Now, assuming you have OpenStack running, you can try doing something with your HA setup.
openstack@controller-1:~$ nova image-list
+--------------------------------------+--------+--------+--------+
| ID | Name | Status | Server |
+--------------------------------------+--------+--------+--------+
| ef0dfac5-5977-405c-8e62-595af17aa01d | cirros | ACTIVE | |
+--------------------------------------+--------+--------+--------+
Conclusion
So, we can deploy an almost1 fully HA OpenStack by combining the contents of this post and the two previous posts (OpenStack HA in general and MySQL and RabbitMQ HA).
That was easy! You can thank the modular design of OpenStack, but perhaps the most credit should be given to the fact that components are wired via asynchronous messaging (RabbitMQ), whose main purpose is helping to build fault-tolerant systems.

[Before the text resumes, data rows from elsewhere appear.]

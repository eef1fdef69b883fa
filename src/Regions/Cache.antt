-- ===== src/Regions/Cache.antt =====
-- Resolving addresses with the thread-local cache of `VirtualQuery` answers and without it, while
-- the memory of the process changes.
pub mod Changing
use vd_trace.Base.{
  ℕ, ◌+◌, ◌≤◌, ◌<◌, ◌≡◌, refl, false, List, [], ◌∷◌, Option, none, some, arith, Bool-cases, inl,
  inr, u64_mod, ◌==◌, by_test, ◌⊎◌,
}
use mathlib.Core.List.{map}
use mathlib.Core.Path.{ap₂}
use vd_trace.Session.{
  RegionCache, Impl, ResolvedExecutionAddress, ModuleRange, ResolvedDepthFilterModuleRule,
  ExecutionAddressKind,
}
use vd_trace.Regions.{
  MemoryInformation, RegionAnswer, is_executable, is_image_region, try_read_cached_region,
  store_cached_region, query_miss, query_cached, query_non_module_executable_region,
  resolve_tracked, resolve_rule, resolve_system, resolve_execution_address, is_module_address,
  find_module_range, region_kind, find_depth_filter_module_rule,
}

abbrev pub empty_cache : RegionCache
empty_cache = record {
  impl = 0;
  base = 0;
  end = 0;
  valid = false;
  executable = false;
  is_image = false;
}

-- What Windows documents of `VirtualQuery` at one time: it answers for a run of pages that have the
-- same state, protection and type, and this run lies in the address space.
pub record IsConsistent (virtual_query : ℕ → Option MemoryInformation) : Type 0 where
  pub same_attributes :
      (a b : ℕ) (m : MemoryInformation)
      → virtual_query a ≡ some m
      → m.base_address ≤ b
      → b < m.base_address + m.region_size
      → (n : MemoryInformation) × (virtual_query b ≡ some n)
        × (n.state ≡ m.state)
        × (n.protect ≡ m.protect)
        × (n.memory_type ≡ m.memory_type)
  pub in_space :
      (a : ℕ) (m : MemoryInformation)
      → virtual_query a ≡ some m
      → m.base_address + m.region_size < u64_mod

-- An answer of the cache, at any address, is that of `virtual_query`.
abbrev pub IsSound : (ℕ → Option MemoryInformation) → Impl → RegionCache → Type 0
IsSound virtual_query impl cache =
    (b : ℕ) (a : RegionAnswer)
    → try_read_cached_region impl cache b ≡ some a
    → (m : MemoryInformation) × (virtual_query b ≡ some m)
      × (a.executable ≡ is_executable m)
      × (a.is_image ≡ is_image_region m)

pub empty_cache-IsSound :
    (virtual_query : ℕ → Option MemoryInformation) (impl : Impl)
    → IsSound virtual_query impl empty_cache
unfolding try_read_cached_region
empty_cache-IsSound virtual_query impl b a h = cc

abbrev Agrees : RegionAnswer → RegionAnswer → Type 0
Agrees a b = (a.executable ≡ b.executable) × (a.is_image ≡ b.is_image)

-- Everything of a resolved address but the size of the region.
abbrev pub SameAddress : ResolvedExecutionAddress → ResolvedExecutionAddress → Type 0
SameAddress r t =
    (r.kind ≡ t.kind) × (r.module_range ≡ t.module_range) × (r.depth_rule ≡ t.depth_rule)

store-IsSound :
    (virtual_query : ℕ → Option MemoryInformation) (impl : Impl)
    → IsConsistent virtual_query
    → (address : ℕ) (m : MemoryInformation) → virtual_query address ≡ some m
    → IsSound virtual_query impl (store_cached_region impl m (is_executable m) (is_image_region m))
unfolding store_cached_region try_read_cached_region
store-IsSound virtual_query impl c address m q b a h =
    let (n, found, state, protect, kind) =
      c.same_attributes address b m q (ground (arith, c.in_space address m q))
        (ground (arith, c.in_space address m q)) in
    (n, found, ground arith, ground arith)

-- `before` answered when the cache was filled, `now` answers at present.
module _ (before now : ℕ → Option MemoryInformation) (impl : Impl) where
  abbrev EitherSound : RegionCache → Type 0
  EitherSound cache = IsSound before impl cache ⊎ IsSound now impl cache

  abbrev EitherAgrees : RegionAnswer → RegionAnswer → RegionAnswer → Type 0
  EitherAgrees r b n = Agrees r b ⊎ Agrees r n

  query_miss-IsSound :
      IsConsistent now
      → (cache : RegionCache) (address : ℕ) (o : Option MemoryInformation) → now address ≡ o
      → IsSound before impl cache
      → EitherSound (query_miss now impl cache o).1
  unfolding query_miss
  query_miss-IsSound c cache address none q s = inl s
  query_miss-IsSound c cache address (some m) q s = elim (Bool-cases (is_executable m)) [
    | inl yes' ↦ inr (rw yes' (rw yes' at (store-IsSound now impl c address m q)))
    | inr no' ↦ inl (rw no' s)
  ]

  query_cached-IsSound :
      IsConsistent now
      → (cache : RegionCache) (address : ℕ) (o : Option RegionAnswer) → IsSound before impl cache
      → EitherSound (query_cached now impl cache address o).1
  unfolding query_cached
  query_cached-IsSound c cache address none s =
      query_miss-IsSound c cache address (now address) refl s
  query_cached-IsSound c cache address (some a) s = inl s

  query-IsSound :
      IsConsistent now
      → (cache : RegionCache) (address : ℕ) → IsSound before impl cache
      → EitherSound (query_non_module_executable_region now impl cache address).1
  unfolding query_non_module_executable_region
  query-IsSound c cache address s =
      by_test (λ (r : RegionAnswer × RegionCache). EitherSound r.1) (is_module_address impl address)
        (λ e. inl s)
        (λ e. query_cached-IsSound c cache address (try_read_cached_region impl cache address) s)

  query_miss-answer :
      (cache : RegionCache) (o : Option MemoryInformation)
      → Agrees (query_miss now impl cache o).0 (query_miss now impl empty_cache o).0
  unfolding query_miss
  query_miss-answer cache none = (refl, refl)
  query_miss-answer cache (some m) = (refl, refl)

  query_cached-Agrees :
      (cache : RegionCache) (address : ℕ) (o : Option RegionAnswer)
      → IsSound before impl cache
      → try_read_cached_region impl cache address ≡ o
      → EitherAgrees
          (query_cached now impl cache address o).0
          (query_miss before impl empty_cache (before address)).0
          (query_miss now impl empty_cache (now address)).0
  unfolding query_cached
  query_cached-Agrees cache address none s e = inr (query_miss-answer cache (now address))
  query_cached-Agrees cache address (some a) s e =
      let (m, found, executable, image) = s address a e in
      inl (rw found (unfold query_miss in (executable, image)))

  query-Agrees :
      (cache : RegionCache) (address : ℕ)
      → IsSound before impl cache
      → EitherAgrees
          (query_non_module_executable_region now impl cache address).0
          (query_non_module_executable_region before impl empty_cache address).0
          (query_non_module_executable_region now impl empty_cache address).0
  unfolding query_non_module_executable_region
  query-Agrees cache address s = elim (Bool-cases (is_module_address impl address)) [
    | inl e ↦ inr (rw (e, query_non_module_executable_region) (refl, refl))
    | inr e ↦
        rw (e, query_non_module_executable_region)
          (unfold query_cached try_read_cached_region in
            query_cached-Agrees cache address (try_read_cached_region impl cache address) s refl)
  ]

  -- As it resolves without a cache, before or now.
  abbrev pub Keeps :
      ResolvedExecutionAddress × RegionCache
      → ResolvedExecutionAddress × RegionCache
      → ResolvedExecutionAddress × RegionCache
      → Type 0
  Keeps r b n = (SameAddress r.0 b.0 ⊎ SameAddress r.0 n.0) × EitherSound r.1

  region_kind-same :
      (a b : RegionAnswer) → Agrees a b → SameAddress (region_kind now a) (region_kind now b)
  region_kind-same a b h = ground arith

  region_kind-either :
      (r b n : RegionAnswer)
      → EitherAgrees r b n
      → SameAddress (region_kind now r) (region_kind before b)
        ⊎ SameAddress (region_kind now r) (region_kind now n)
  region_kind-either r b n (inl h) = inl (region_kind-same r b h)
  region_kind-either r b n (inr h) = inr (region_kind-same r n h)

  module _ (c : IsConsistent now) (cache : RegionCache) (s : IsSound before impl cache) where
    tracked-Keeps :
        (address : ℕ) (o : Option ModuleRange)
        → Keeps
            (resolve_tracked now impl cache address o)
            (resolve_tracked before impl empty_cache address o)
            (resolve_tracked now impl empty_cache address o)
    unfolding resolve_tracked
    tracked-Keeps address (some r) = (inl (refl, refl, refl), inl s)
    tracked-Keeps address none =
        (region_kind-either _ _ _ (query-Agrees cache address s), query-IsSound c cache address s)

    rule-Keeps :
        (address : ℕ) (o : Option ResolvedDepthFilterModuleRule)
        → Keeps
            (resolve_rule now impl cache address o)
            (resolve_rule before impl empty_cache address o)
            (resolve_rule now impl empty_cache address o)
    unfolding resolve_rule
    rule-Keeps address (some r) = (inl (refl, refl, refl), inl s)
    rule-Keeps address none = tracked-Keeps address (find_module_range impl.module_ranges address)

    system-Keeps :
        (address : ℕ) (o : Option ModuleRange)
        → Keeps
            (resolve_system now impl cache address o)
            (resolve_system before impl empty_cache address o)
            (resolve_system now impl empty_cache address o)
    unfolding resolve_system
    system-Keeps address (some r) = (inl (refl, refl, refl), inl s)
    system-Keeps address none =
        rule-Keeps address (find_depth_filter_module_rule impl.depth_filters address)

    pub resolve-EitherKeeps :
        (address : ℕ)
        → Keeps
            (resolve_execution_address now impl cache address)
            (resolve_execution_address before impl empty_cache address)
            (resolve_execution_address now impl empty_cache address)
    unfolding resolve_execution_address
    resolve-EitherKeeps address = elim (Bool-cases (address == 0)) [
      | inl e ↦ rw e (inl (refl, refl, refl), inl s)
      | inr e ↦ rw e (system-Keeps address (find_module_range impl.system_module_ranges address))
    ]

either {ℓ} : {A : Type ℓ} → A ⊎ A → A
either (inl a) = a
either (inr a) = a

-- While the memory does not change, the cache makes no difference.
pub resolve-Keeps :
    (virtual_query : ℕ → Option MemoryInformation) (impl : Impl)
    → IsConsistent virtual_query
    → (cache : RegionCache) → IsSound virtual_query impl cache
    → (address : ℕ)
    → SameAddress
        (resolve_execution_address virtual_query impl cache address).0
        (resolve_execution_address virtual_query impl empty_cache address).0
      × IsSound virtual_query impl (resolve_execution_address virtual_query impl cache address).1
resolve-Keeps virtual_query impl c cache s address =
    let k = resolve-EitherKeeps virtual_query virtual_query impl c cache s address in
    (either k.0, either k.1)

1 Why almost? Because we have a short unavailability window during failover of a load balancer, and because currently executing requests will break during failover. This can be mitigated by retrying requests (client-side and by developing a patch for Nova to retry internal Keystone requests), but it gets a lot more difficult if the requests can have side effects.